- [Task objective]:
Search the lines of the records for the word "changes", and copy every line that has it.

- [Dataset entries]:
┌────────

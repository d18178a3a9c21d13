-- ===== src/Investigation/Examples.antt =====
-- Runs of the orchestrator.
use k8s_deploy_monitor_opera.Prelude.{List, [], ◌∷◌, GoString, str, lookup, ◌≡◌, refl, arith}
use k8s_deploy_monitor_opera.Investigation.{Orchestrator, new_orchestrator, investigate, clean_up}
use k8s_deploy_monitor_opera.Investigation.Slots.{
  Op, supersede_op, admit_op, register_op, clean_up_op, release_op, run, IsBounded, IsTracked,
  run-new-IsSound,
}
use k8s_deploy_monitor_opera.Investigation.Superseded.{IsFree, unsuperseded}

abbrev cart : GoString
cart = str "east/shop/cart"

-- two calls at once for one slot
abbrev calls : List Op
calls =
    supersede_op cart
    ∷ supersede_op cart
    ∷ admit_op cart
    ∷ admit_op cart
    ∷ register_op cart
    ∷ clean_up_op 0 cart
    ∷ release_op 0
    ∷ []

run-new-IsSound_example : let o = run calls (new_orchestrator 1) in IsBounded o × IsTracked o
run-new-IsSound_example = run-new-IsSound 1 calls

fresh-IsFree : IsFree 3 cart (new_orchestrator 5)
unfolding new_orchestrator lookup
fresh-IsFree = record { running_on = refl; free = omega arith; none_active = refl }

unsuperseded_example :
    let o' =
      investigate cart
        (clean_up 0 cart (investigate cart (investigate cart (new_orchestrator 5)))) in
    (o'.running ≡ (2, cart) ∷ (1, cart) ∷ []) × (o'.cancelled ≡ 0 ∷ 0 ∷ [])
unfolding new_orchestrator
unsuperseded_example = unsuperseded cart (new_orchestrator 5) fresh-IsFree

-- one investigation is active
abbrev busy : Orchestrator
busy = record (new_orchestrator 1) {
  slots = 1;
  active = (cart, 0) ∷ [];
  running = (0, cart) ∷ [];
  registered = 1;
}
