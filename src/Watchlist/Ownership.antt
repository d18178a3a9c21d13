-- ===== src/Watchlist/Ownership.antt =====
-- Who owns a namespace after the operations of the watchlist store.
use k8s_deploy_monitor_opera.Prelude.{
  Bool, true, false, Option, none, some, List, [], ◌∷◌, ◌++◌, GoString, Map, lookup, insert,
  lookup-insert, any, All, ◌==◌, eq_iff, join_key, if◌then◌else◌, ◌≡◌, refl, arith, ◌∙◌, Bool-cases,
  inl, inr, ap, ◌≢◌,
}
use k8s_deploy_monitor_opera.Persistence.Names.{sanitize_name}
use k8s_deploy_monitor_opera.Watchlist.{
  WatchEntry, AppWatchConfigSpec, Conflict, Store, PutResult, put_ok, claims, add_claims,
  add_to_index, remove_from_index, accepted_of, conflicts_of, commit, put_after, put_checked, put,
  load_all, load_items,
}

-- the pair is one of the claims
abbrev pub is_claimed : GoString → List (GoString × GoString) → Bool
is_claimed key cs = any (λ c. join_key c.0 c.1 == key) cs

pub lookup-add_claims :
    (entry : WatchEntry) (cs : List (GoString × GoString)) (m : Map WatchEntry) (key : GoString)
    → lookup key (add_claims entry cs m) ≡ (if is_claimed key cs then some entry else lookup key m)
unfolding add_claims
lookup-add_claims entry [] m key = refl
lookup-add_claims entry ((cluster, ns) ∷ rest) m key = ground (
  arith,
  lookup-add_claims entry rest (insert (join_key cluster ns) entry m) key,
  lookup-insert (join_key cluster ns) key entry m,
)

-- an entry of another app survives
remove_from_index-other :
    (app key : GoString) (m : Map WatchEntry) (e : WatchEntry)
    → lookup key m ≡ some e
    → e.app == app ≡ false
    → lookup key (remove_from_index app m) ≡ some e
unfolding remove_from_index lookup
remove_from_index-other app key [] e h ne = cc
remove_from_index-other app key ((k, entry) ∷ rest) e h ne =
    ground (arith, remove_from_index-other app key rest e)

-- without conflicts no claim is of a pair that another app owns
unclaimed :
    (app key : GoString) (m : Map WatchEntry) (cs : List (GoString × GoString)) (e : WatchEntry)
    → conflicts_of app m cs ≡ []
    → lookup key m ≡ some e
    → e.app == app ≡ false
    → is_claimed key cs ≡ false
unfolding conflicts_of
unclaimed app key m [] e none_left h ne = refl
unclaimed app key m ((cluster, ns) ∷ rest) e none_left h ne =
    ground (arith, unclaimed app key m rest e, eq_iff (join_key cluster ns) key)

put_after-commit :
    (cs : List Conflict) (upserted : Option Bool) (app : GoString) (spec : AppWatchConfigSpec)
    (rejected : Map GoString) (s : Store) (r : PutResult)
    → (put_after cs upserted app spec rejected s).1 ≡ put_ok r
    → (cs ≡ [])
      × ((r.accepted ≡ spec.clusters)
          × ((put_after cs upserted app spec rejected s).0 ≡ commit app spec s))
unfolding put_after
put_after-commit (c ∷ cs) upserted app spec rejected s r e = cc
put_after-commit [] none app spec rejected s r e = cc
put_after-commit [] (some created) app spec rejected s r e = ground arith

put_checked-commit :
    (known : Map Bool) (upserted : Option Bool) (app : GoString) (spec : AppWatchConfigSpec)
    (checked s : Store) (r : PutResult)
    → (put_checked known upserted app spec checked s).1 ≡ put_ok r
    → (conflicts_of app checked.index (claims (accepted_of known spec.clusters)) ≡ [])
      × ((r.accepted ≡ accepted_of known spec.clusters)
          × ((put_checked known upserted app spec checked s).0
              ≡ commit app
                  (record {
                    slack_channel = spec.slack_channel;
                    clusters = accepted_of known spec.clusters;
                  })
                  s))
unfolding put_checked
put_checked-commit known upserted app spec checked s r e = put_after-commit _ upserted app _ _ s r e

pub put-commit :
    (known : Map Bool) (upserted : Option Bool) (app : GoString) (spec : AppWatchConfigSpec)
    (s : Store) (r : PutResult)
    → (put known upserted app spec s).1 ≡ put_ok r
    → (conflicts_of app s.index (claims (accepted_of known spec.clusters)) ≡ [])
      × ((r.accepted ≡ accepted_of known spec.clusters)
          × ((put known upserted app spec s).0
              ≡ commit app
                  (record {
                    slack_channel = spec.slack_channel;
                    clusters = accepted_of known spec.clusters;
                  })
                  s))
unfolding put
put-commit known upserted app spec s r e = put_checked-commit known upserted app spec s s r e

module _ (known : Map Bool) (upserted : Option Bool) (app : GoString) (spec : AppWatchConfigSpec)
    (checked s : Store) (r : PutResult)
    (ok : (put_checked known upserted app spec checked s).1 ≡ put_ok r) where
  -- the index after a successful `Put`
  pub lookup-put_checked :
      (key : GoString)
      → lookup key (put_checked known upserted app spec checked s).0.index ≡ (
          if is_claimed key (claims r.accepted)
          then some (record { app = app; slack_channel = spec.slack_channel })
          else lookup key (remove_from_index app s.index))
  lookup-put_checked key =
      let c = put_checked-commit known upserted app spec checked s r ok in
      rw (c.1.1, c.1.0)
        (unfold commit add_to_index in
          lookup-add_claims (record { app = app; slack_channel = spec.slack_channel })
            (claims (accepted_of known spec.clusters)) (remove_from_index app s.index) key)

  -- A successful `Put` takes no pair that another app owned when it checked for conflicts: if
  -- another app owns the pair also when the `Put` changes the index, whatever calls came in between,
  -- it still owns it afterwards, with the same entry.
  pub put-keeps_others :
      (key : GoString) (before other : WatchEntry)
      → lookup key checked.index ≡ some before
      → before.app == app ≡ false
      → lookup key s.index ≡ some other
      → other.app == app ≡ false
      → lookup key (put_checked known upserted app spec checked s).0.index ≡ some other
  put-keeps_others key before other h₀ ne₀ h ne =
      let c = put_checked-commit known upserted app spec checked s r ok in
      lookup-put_checked key
      ∙ rw
          (ap (λ a. is_claimed key (claims a)) c.1.0
            ∙ unclaimed app key checked.index (claims (accepted_of known spec.clusters)) before c.0
                h₀ ne₀)
          (remove_from_index-other app key s.index other h ne)

-- After a successful `Put` the app owns every pair of an accepted cluster, with its channel.
pub put-owns :
    (known : Map Bool) (upserted : Option Bool) (app : GoString) (spec : AppWatchConfigSpec)
    (s : Store) (r : PutResult)
    → (put known upserted app spec s).1 ≡ put_ok r
    → (key : GoString) → is_claimed key (claims r.accepted) ≡ true
    → lookup key (put known upserted app spec s).0.index
      ≡ some (record { app = app; slack_channel = spec.slack_channel })
unfolding put
put-owns known upserted app spec s r ok key claimed =
    lookup-put_checked known upserted app spec s s r ok key ∙ rw claimed refl

-- a pair that an app of another name than `app` owns
record IsForeign (app key : GoString) (s : Store) : Type 0 where
  pub owner : WatchEntry
  pub owned : lookup key s.index ≡ some owner
  pub renamed : owner.app == app ≡ false

-- the store after one object of `LoadAll`
abbrev load_item : GoString → AppWatchConfigSpec → Store → Store
load_item name spec s = record {
  apps = insert name spec s.apps;
  index = add_to_index name spec s.index;
}

abbrev IsOther : GoString → GoString × AppWatchConfigSpec → Type 0
IsOther app object = object.0 == app ≡ false

load_item-claims :
    (app key name : GoString) (spec : AppWatchConfigSpec) (s : Store)
    → name == app ≡ false
    → is_claimed key (claims spec.clusters) ≡ true
    → IsForeign app key (load_item name spec s)
unfolding add_to_index
load_item-claims app key name spec s ne claimed = record {
  owner = record { app = name; slack_channel = spec.slack_channel };
  owned =
      lookup-add_claims (record { app = name; slack_channel = spec.slack_channel })
        (claims spec.clusters) s.index key
      ∙ rw claimed refl;
  renamed = ne;
}

load_item-IsForeign :
    (app key name : GoString) (spec : AppWatchConfigSpec) (s : Store)
    → name == app ≡ false
    → IsForeign app key s
    → IsForeign app key (load_item name spec s)
load_item-IsForeign app key name spec s ne f =
    elim (Bool-cases (is_claimed key (claims spec.clusters))) [
      | inl claimed ↦ load_item-claims app key name spec s ne claimed
      | inr free ↦ record {
        owner = f.owner;
        owned =
            unfold add_to_index in
            lookup-add_claims (record { app = name; slack_channel = spec.slack_channel })
              (claims spec.clusters) s.index key
            ∙ rw free f.owned;
        renamed = f.renamed;
      }
    ]

load_items-IsForeign :
    (app key : GoString) (items : List (GoString × AppWatchConfigSpec)) (s : Store)
    → All (IsOther app) items
    → IsForeign app key s
    → IsForeign app key (load_items items s)
unfolding load_items
load_items-IsForeign app key [] s a f = f
load_items-IsForeign app key ((name, spec) ∷ rest) s a f =
    load_items-IsForeign app key rest (load_item name spec s) a.1
      (load_item-IsForeign app key name spec s a.0 f)

load_items-claims :
    (app key name : GoString) (spec : AppWatchConfigSpec)
    (before after : List (GoString × AppWatchConfigSpec)) (s : Store)
    → name == app ≡ false
    → All (IsOther app) after
    → is_claimed key (claims spec.clusters) ≡ true
    → IsForeign app key (load_items (before ++ (name, spec) ∷ after) s)
unfolding load_items
load_items-claims app key name spec [] after s ne a claimed =
    load_items-IsForeign app key after (load_item name spec s) a
      (load_item-claims app key name spec s ne claimed)
load_items-claims app key name spec (object ∷ before) after s ne a claimed =
    load_items-claims app key name spec before after (load_item object.0 object.1 s) ne a claimed

-- An app whose name `sanitizeName` changes loses its pairs at a restart: `LoadAll` indexes its stored
-- object under the sanitized name, and a `Put` under the original name that claims a pair of the
-- stored spec, made when nothing has changed the store since, is refused. This holds whatever other
-- objects are stored, if none that is listed after the app's has the original name.
pub put-after_restart :
    (known : Map Bool) (upserted : Option Bool) (app : GoString) (spec stored : AppWatchConfigSpec)
    (before after : List (GoString × AppWatchConfigSpec)) (s : Store) (key : GoString)
    → sanitize_name app == app ≡ false
    → All (IsOther app) after
    → is_claimed key (claims stored.clusters) ≡ true
    → is_claimed key (claims (accepted_of known spec.clusters)) ≡ true
    → (r : PutResult)
    → (put known upserted app spec
        (load_all (some (before ++ (sanitize_name app, stored) ∷ after)) s)).1
      ≢ put_ok r
unfolding load_all
put-after_restart known upserted app spec stored before after s key renamed others kept claimed r
      e =
    let loaded = load_all (some (before ++ (sanitize_name app, stored) ∷ after)) s in
    let f : IsForeign app key loaded =
      load_items-claims app key (sanitize_name app) stored before after _ renamed others kept in
    let c = put-commit known upserted app spec loaded r e in
    cc (
      unclaimed app key loaded.index (claims (accepted_of known spec.clusters)) f.owner c.0 f.owned
          f.renamed,
      claimed,
    )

└────────

- [Response]:
  -- another app owns the pair also when the `Put` changes the index, whatever calls came in between,
-- An app whose name `sanitizeName` changes loses its pairs at a restart: `LoadAll` indexes its stored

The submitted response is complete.